Monitoring and Maintenance

imgproxy exposes Prometheus metrics at /metrics. Add a ServiceMonitor if you’re running the Prometheus Operator:

apiVersion: monitoring.coreos.com/v1
kind: ServiceMonitor
metadata:
  name: imgproxy
  namespace: imgproxy
spec:
  selector:
    matchLabels:
      app: imgproxy
  endpoints:
    - port: metrics
      interval: 30s

Key metrics to watch:

  • imgproxy_requests_total — throughput
  • imgproxy_request_duration_seconds — latency
  • imgproxy_errors_total — error rate

Conclusion

Building a custom image CDN with MinIO, imgproxy, and Cloudflare gives you full control, zero vendor lock-in, and serious performance.

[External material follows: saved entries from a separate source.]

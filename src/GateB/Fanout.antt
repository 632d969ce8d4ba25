-- ===== src/GateB/Fanout.antt =====
-- The slices that scripts/auto_partition.py makes pass the check that scripts/gate_b.py makes of them.
use ao_operator.Base.{
  ℕ, ◌+◌, ◌<◌, ◌≤◌, ◌≡◌, refl, sym, ap, ◌∙◌, Bool, true, false, not, some, List, [], ◌∷◌,
  if◌then◌else◌, all, map, count, is_some, arith,
}
use mathlib.Core.Path.{subst}
use ao_operator.Base.Empty.{is_empty}
use ao_operator.Text.{Text, decimal, codes, teq, teq→eq, teq_refl, teq_iff}
use ao_operator.Dict.{Dict, get, set, get-set}
use ao_operator.Partition.{Slice, mutator_paths, partition, owners, partition_lem}
use ao_operator.GateB.Contracts.{
  is_concrete, rejoin, IsContract, AreContracts, slices_or, partition_paths-AreContracts,
}
use ao_operator.GateB.Paths.{concrete_path, render_slug, texts_of, normalize_slice_list}
use ao_operator.GateB.Slices.{
  RawSlice, slice_id_of, owner_after, write_errors, claim_writes, validate_from,
  validate_partition_slices, field_errors,
}

-- A slice of the partition as Gate B reads it from JSON.
abbrev pub raw_of : Slice → RawSlice
raw_of s = record {
  id = some s.id;
  slice_id = some (decimal s.slice_id);
  reads = some (map (λ t. some t) s.reads);
  writes = some (map (λ t. some t) s.writes);
  verification = some (map (λ t. some t) s.verification);
  merge_owner = some s.merge_owner;
  rejoin_artifact = some s.rejoin_artifact;
}

-- 1 if a path has an owner.
abbrev owned_once : Text → Dict Text → ℕ
owned_once p owner = if is_some (get p owner) then 1 else 0

texts_of-map :
    (slug : Text) (ws : List Text)
    → all (is_concrete slug) ws ≡ true
    → texts_of slug (map (λ t. some t) ws) ≡ map (render_slug slug) ws
unfolding texts_of
texts_of-map slug [] h = refl
texts_of-map slug ([] ∷ ws) h = absurd (ground arith)
texts_of-map slug ((c ∷ w) ∷ ws) h =
    ap (λ l. render_slug slug (c ∷ w) ∷ l) (texts_of-map slug ws (ground (arith, h)))

-- A first claim of a path makes no error, and owns the path.
claim_first :
    (slice_id raw path : Text) (owner : Dict Text)
    → is_empty path ≡ false
    → owned_once path owner ≡ 0
    → (write_errors slice_id raw path (get path owner) ≡ [])
      × (owner_after slice_id path owner ≡ set path slice_id owner)
claim_first slice_id raw path owner n h = (ground (arith, n, h), ground (arith, n, h))

owned_once-set :
    (p path slice_id : Text) (owner : Dict Text)
    → owned_once p (set path slice_id owner) ≤ owned_once p owner + (if teq p path then 1 else 0)
owned_once-set p path slice_id owner =
    ground (arith, get-set path p slice_id owner, teq_iff path p, teq_iff p path)

module _ (slug slice_id : Text) where
  claim_writes-nil :
      (owner : Dict Text) (ws : List Text)
      → all (is_concrete slug) ws ≡ true
      → ((p : Text) → owned_once p owner + count (teq p) ws ≤ 1)
      → ((claim_writes slice_id owner (map (render_slug slug) ws)).errors ≡ [])
        × ((p : Text)
            → owned_once p (claim_writes slice_id owner (map (render_slug slug) ws)).owner
              ≤ owned_once p owner + count (teq p) ws)
  unfolding claim_writes
  claim_writes-nil owner [] g h = (refl, λ p. omega arith)
  claim_writes-nil owner (w ∷ ws) g h =
      let raw = render_slug slug w in
      let path = concrete_path raw in
      let same : path ≡ w = teq→eq path w (ground (arith, g)) in
      let some_path : is_empty path ≡ false = ap is_empty same ∙ ground (arith, g) in
      let there : all (is_concrete slug) ws ≡ true = ground (arith, g) in
      let free : owned_once path owner ≡ 0 =
        ground (arith, h path, ap (λ q. teq path q) same, teq_refl path) in
      let (no_error, next) = claim_first slice_id raw path owner some_path free in
      let (nil, owned) =
        claim_writes-nil (set path slice_id owner) ws there
          (λ p. ground (arith, h p, owned_once-set p path slice_id owner, ap (teq p) same)) in
      (
        rw (no_error, next) nil,
        λ p.
            subst
              (λ d.
                owned_once p (claim_writes slice_id d (map (render_slug slug) ws)).owner
                ≤ owned_once p owner + count (teq p) (w ∷ ws))
              (sym next)
              (ground (arith, owned p, owned_once-set p path slice_id owner, ap (teq p) same)),
      )

-- The rejoin artifact is a path, once it has the slug.
abbrev pub rejoins : Text → Bool
rejoins slug = not (is_empty (concrete_path (render_slug slug rejoin)))

from_not : (b : Bool) → not b ≡ true → b ≡ false
from_not true h = absurd (ground arith)
from_not false h = refl

reads_given :
    (slug : Text)
    → is_empty (
        normalize_slice_list slug (
          some (
            map
              (λ t. some t)
              (codes "docs/specs/<slug>-spec.md" ∷ codes "docs/plans/<slug>-plan.md" ∷ []))))
      ≡ false
unfolding normalize_slice_list
reads_given slug = refl

verification_given :
    (slug : Text)
    → is_empty (
        normalize_slice_list slug (
          some (
            map
              (λ t. some t)
              (codes "run the narrow verification listed in the accepted plan" ∷ []))))
      ≡ false
unfolding normalize_slice_list
verification_given slug = refl

field_errors-contract :
    (slug : Text) (index : ℕ) (s : Slice)
    → rejoins slug ≡ true
    → IsContract slug s
    → field_errors slug index (raw_of s) ≡ []
unfolding field_errors
field_errors-contract slug index s r h =
    let read : is_empty (normalize_slice_list slug (some (map (λ t. some t) s.reads))) ≡ false =
      ap (λ l. is_empty (normalize_slice_list slug (some (map (λ t. some t) l)))) h.reads
      ∙ reads_given slug in
    let verified : is_empty (normalize_slice_list slug (some (map (λ t. some t) s.verification)))
        ≡ false =
      ap (λ l. is_empty (normalize_slice_list slug (some (map (λ t. some t) l)))) h.verification
      ∙ verification_given slug in
    let owner : is_empty s.merge_owner ≡ false = ap is_empty h.merge_owner in
    let joined : is_empty (concrete_path (render_slug slug s.rejoin_artifact)) ≡ false =
      ap (λ t. is_empty (concrete_path (render_slug slug t))) h.rejoin_artifact ∙ from_not _ r in
    simp (h.id, read, verified, owner, joined) refl

slice_id_of-raw :
    (index : ℕ) (s : Slice) → is_empty s.id ≡ false → slice_id_of index (raw_of s) ≡ s.id
unfolding slice_id_of
slice_id_of-raw index s h = rw h refl

module _ (slug : Text) (r : rejoins slug ≡ true) where
  validate_from-nil :
      (index : ℕ) (owner : Dict Text) (slices : List Slice)
      → AreContracts slug slices
      → ((p : Text) → owned_once p owner + owners p slices ≤ 1)
      → (validate_from slug index owner (map raw_of slices)).errors ≡ []
  unfolding validate_from
  validate_from-nil index owner [] c h = refl
  validate_from-nil index owner (s ∷ slices) (c, cs) h =
      let raw = normalize_slice_list slug (some (map (λ t. some t) s.writes)) in
      let id = slice_id_of index (raw_of s) in
      let texts : raw ≡ map (render_slug slug) s.writes =
        unfold normalize_slice_list in texts_of-map slug s.writes c.concrete in
      let (nil, owned) =
        claim_writes-nil slug id owner s.writes c.concrete (λ p. omega (arith, h p)) in
      rw (field_errors-contract slug index s r c, texts, nil)
        (validate_from-nil (index + 1)
          (claim_writes id owner (map (render_slug slug) s.writes)).owner slices cs
          λ p. omega (arith, owned p, h p))

-- No path twice.
abbrev pub AreDistinct : List Text → Type 0
AreDistinct paths = (p : Text) → count (teq p) paths ≤ 1

-- The slices of a partition pass Gate B without an error, for distinct paths that Gate B reads as they
-- stand, a cap above 0, and a slug with which the rejoin artifact is a path.
pub validate_partition_slices-partition :
    (slug : Text) (cap : ℕ) (scoped_writes : List Text) (slices : List Slice)
    → 0 < cap
    → partition cap scoped_writes ≡ some slices
    → rejoins slug ≡ true
    → all (is_concrete slug) (mutator_paths scoped_writes) ≡ true
    → AreDistinct (mutator_paths scoped_writes)
    → (validate_partition_slices slug (map raw_of slices)).errors ≡ []
unfolding validate_partition_slices
validate_partition_slices-partition slug cap scoped_writes slices k h r g d =
    let (made, e, splits) = partition_lem cap scoped_writes k in
    let same : made ≡ slices = ap (slices_or []) (sym e ∙ h) in
    validate_from-nil slug r 1 [] slices
      (partition_paths-AreContracts slug cap (mutator_paths scoped_writes) slices
        (unfold partition in h) g)
      λ p. omega (arith, d p, splits.owned p, ap (owners p) same)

The stack handles on-demand resizing, format conversion, quality optimization, and global edge caching — all in one pipeline.

Particularly useful for e-commerce platforms, sites with user-generated content, or any project with a large image library that needs flexible sizing. Once it’s running, Cloudflare’s cache does the heavy lifting and imgproxy only works when it has to.